Permeability of human oocytes to ethylene glycol and their survival and spindle configurations after slow cooling cryopreservation

Abstract

To develop novel cryopreservation methods, we estimated the permeability coefficients Lp (hydraulic conductivity) and P(EG) (cryoprotectant permeability) of mature human oocytes after exposure to ethylene glycol (EG) and tested the efficiency of a multi-step slow cooling protocol based on this cryoprotectant. Oocytes were perfused with 1.5 mol/l EG for 10 min. Oocyte volume at each time point was calculated and normalized to the original volume. Slow cooling was conducted by exposing oocytes to increasing EG concentrations (0.5, 1.0 and 1.5 mol/l n = 155) or 1.5 mol/l of propane-1,2-diol (PrOH) n = 102. Oocytes which survived cryopreservation n = 80 and fresh oocytes n = 73 were prepared for confocal microscopy analysis of the meiotic spindle. During EG exposure, oocytes underwent an abrupt 50% volume reduction. Complete recovery of the initial volume was not observed. From the values of a best fit plot, the coefficients Lp = 0.82 +/- 0.29 microm min(-1) atm(-1) (mean +/- SD) and P(EG) 0.10 +/- 0.01 microm s(-1) were generated.
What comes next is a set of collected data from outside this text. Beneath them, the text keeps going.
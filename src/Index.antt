-- ===== src/Index.antt =====
-- index.rs: the index from keys to addresses. `Defs` has the state and the queries, `Writer` the
-- writes of a commit, `Cursor` the iteration.
pub mod Defs
pub mod Writer
pub mod Points
pub mod Events
pub mod History
pub mod Links
pub mod Cursor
Survival rates after freezing with EG were lower than with PrOH (51.6 versus 71.5%, respectively, P < 0.05). The frequencies of normal spindle configuration were lower in frozen EG and frozen PrOH oocytes compared with fresh oocytes (53.8, 50.9 and 66.7%, respectively, P < 0.05). The oocyte plasmalemma possesses limited permeability to EG and EG exposure causes considerable osmotic stress. However, post-thaw rates of survival and normal meiotic spindle organization may be preserved by protocols which are designed in order to minimize osmotic stress.